(Dataset entries)

------------------------------------------------------------

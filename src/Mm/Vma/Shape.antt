-- ===== src/Mm/Vma/Shape.antt =====
-- The structure of the treap: what `merge`, `split` and their clients keep at every node, and the
-- areas that they hold, in order.
use old_boruixkernel.Common.{
  ℕ, ◌+◌, ◌≤◌, ◌≡◌, refl, sym, ◌∷◌, ◌++◌, arith, append_assoc, append-nil,
}
use old_boruixkernel.Mm.Vma.Area.{MemoryArea}
use old_boruixkernel.Mm.Vma.{
  Tree, leaf, node, raise, merge, split, insert_node, remove_node, areas, splitmix64,
}

-- The priority at the root is at most `b`.
abbrev pub Under : ℕ → Tree → Type 0
Under b leaf = Unit {0}
Under b (node k a m p l r) = p ≤ b

-- Each node's key is the start of its area, its priority is the hash of the key and is no less than
-- its children's, and `max_end` is computed from the children.
abbrev pub IsSound : Tree → Type 0
IsSound leaf = Unit {0}
IsSound (node k a m p l r) =
    (k ≡ a.start)
    × (p ≡ splitmix64 k)
    × (m ≡ raise r (raise l a.end))
    × Under p l
    × Under p r
    × IsSound l
    × IsSound r

Under-merge : (b : ℕ) (x y : Tree) → Under b x → Under b y → Under b (merge x y)
unfolding merge
Under-merge b leaf y h k = k
Under-merge b (node lk la lm lp ll lr) leaf h k = h
Under-merge b (node lk la lm lp ll lr) (node rk ra rm rp rl rr) h k = ground arith

pub merge-IsSound : (x y : Tree) → IsSound x → IsSound y → IsSound (merge x y)
unfolding merge
merge-IsSound leaf y h k = k
merge-IsSound (node lk la lm lp ll lr) leaf h k = h
merge-IsSound (node lk la lm lp ll lr) (node rk ra rm rp rl rr) h k = ground (
  arith,
  merge-IsSound lr (node rk ra rm rp rl rr) h.6 k,
  merge-IsSound (node lk la lm lp ll lr) rl h k.5,
  Under-merge lp lr (node rk ra rm rp rl rr) h.4,
  Under-merge rp (node lk la lm lp ll lr) rl,
)

pub areas-merge : (x y : Tree) → areas (merge x y) ≡ areas x ++ areas y
unfolding merge
areas-merge leaf y = refl
areas-merge (node lk la lm lp ll lr) leaf = sym (append-nil _)
areas-merge (node lk la lm lp ll lr) (node rk ra rm rp rl rr) =
    let x = node lk la lm lp ll lr in
    let y = node rk ra rm rp rl rr in
    ground (
      arith,
      areas-merge lr (node rk ra rm rp rl rr),
      areas-merge (node lk la lm lp ll lr) rl,
      append_assoc (areas ll) (la ∷ areas lr) (areas y),
      append_assoc (areas x) (areas rl) (ra ∷ areas rr),
    )

Under-mono : (b c : ℕ) (t : Tree) → b ≤ c → Under b t → Under c t
Under-mono b c leaf h u = tt
Under-mono b c (node k a m p l r) h u = omega arith

Under-split :
    (b : ℕ) (t : Tree) (key : ℕ)
    → Under b t
    → IsSound t
    → Under b (split t key).0 × Under b (split t key).1
unfolding split
Under-split b leaf key h s = (tt, tt)
Under-split b (node k a m p l r) key h s = ground (
  arith,
  Under-split b l key (Under-mono p b l h s.3) s.5,
  Under-split b r key (Under-mono p b r h s.4) s.6,
)

pub split-IsSound :
    (t : Tree) (key : ℕ) → IsSound t → IsSound (split t key).0 × IsSound (split t key).1
unfolding split
split-IsSound leaf key s = (tt, tt)
split-IsSound (node k a m p l r) key s = ground (
  arith,
  split-IsSound l key s.5,
  split-IsSound r key s.6,
  Under-split p l key s.3 s.5,
  Under-split p r key s.4 s.6,
)

pub areas-split : (t : Tree) (key : ℕ) → areas (split t key).0 ++ areas (split t key).1 ≡ areas t
unfolding split
areas-split leaf key = refl
areas-split (node k a m p l r) key = ground (
  arith,
  areas-split l key,
  areas-split r key,
  append_assoc (areas (split l key).0) (areas (split l key).1) (a ∷ areas r),
  append_assoc (areas l) (a ∷ areas (split r key).0) (areas (split r key).1),
)

pub insert_node-IsSound : (t : Tree) (area : MemoryArea) → IsSound t → IsSound (insert_node t area)
unfolding insert_node
insert_node-IsSound leaf area s = (refl, refl, refl, tt, tt, tt, tt)
insert_node-IsSound (node k a m p l r) area s =
    let (low, high) = split-IsSound (node k a m p l r) area.start s in
    merge-IsSound _ _ (merge-IsSound _ _ low (refl, refl, refl, tt, tt, tt, tt)) high

pub remove_node-IsSound : (t : Tree) (key : ℕ) → IsSound t → IsSound (remove_node t key).0
unfolding remove_node
remove_node-IsSound t key s =
    let (low, high) = split-IsSound t key s in
    ground (
      arith,
      merge-IsSound (split t key).0 (split (split t key).1 (key + 1)).1 low
          (split-IsSound (split t key).1 (key + 1) high).1,
    )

------------------------------------------------------------

Produce an exact transcription of the lines from the one containing "split-IsSound leaf key s = (tt, tt)" through the end of the records, both included, and no other lines.

split-IsSound leaf key s = (tt, tt)
split-IsSound (node k a m p l r) key s = ground (
  arith,
  split-IsSound l key s.5,
  split-IsSound r key s.6,
  Under-split p l key s.3 s.5,
  Under-split p r key s.4 s.6,
)

pub areas-split : (t : Tree) (key : ℕ) → areas (split t key).0 ++ areas (split t key).1 ≡ areas t
unfolding split
areas-split leaf key = refl
areas-split (node k a m p l r) key = ground (
  arith,
  areas-split l key,
  areas-split r key,
  append_assoc (areas (split l key).0) (areas (split l key).1) (a ∷ areas r),
  append_assoc (areas l) (a ∷ areas (split r key).0) (areas (split r key).1),
)

pub insert_node-IsSound : (t : Tree) (area : MemoryArea) → IsSound t → IsSound (insert_node t area)
unfolding insert_node
insert_node-IsSound leaf area s = (refl, refl, refl, tt, tt, tt, tt)
insert_node-IsSound (node k a m p l r) area s =
    let (low, high) = split-IsSound (node k a m p l r) area.start s in
    merge-IsSound _ _ (merge-IsSound _ _ low (refl, refl, refl, tt, tt, tt, tt)) high

pub remove_node-IsSound : (t : Tree) (key : ℕ) → IsSound t → IsSound (remove_node t key).0
unfolding remove_node
remove_node-IsSound t key s =
    let (low, high) = split-IsSound t key s in
    ground (
      arith,
      merge-IsSound (split t key).0 (split (split t key).1 (key + 1)).1 low
          (split-IsSound (split t key).1 (key + 1) high).1,
    )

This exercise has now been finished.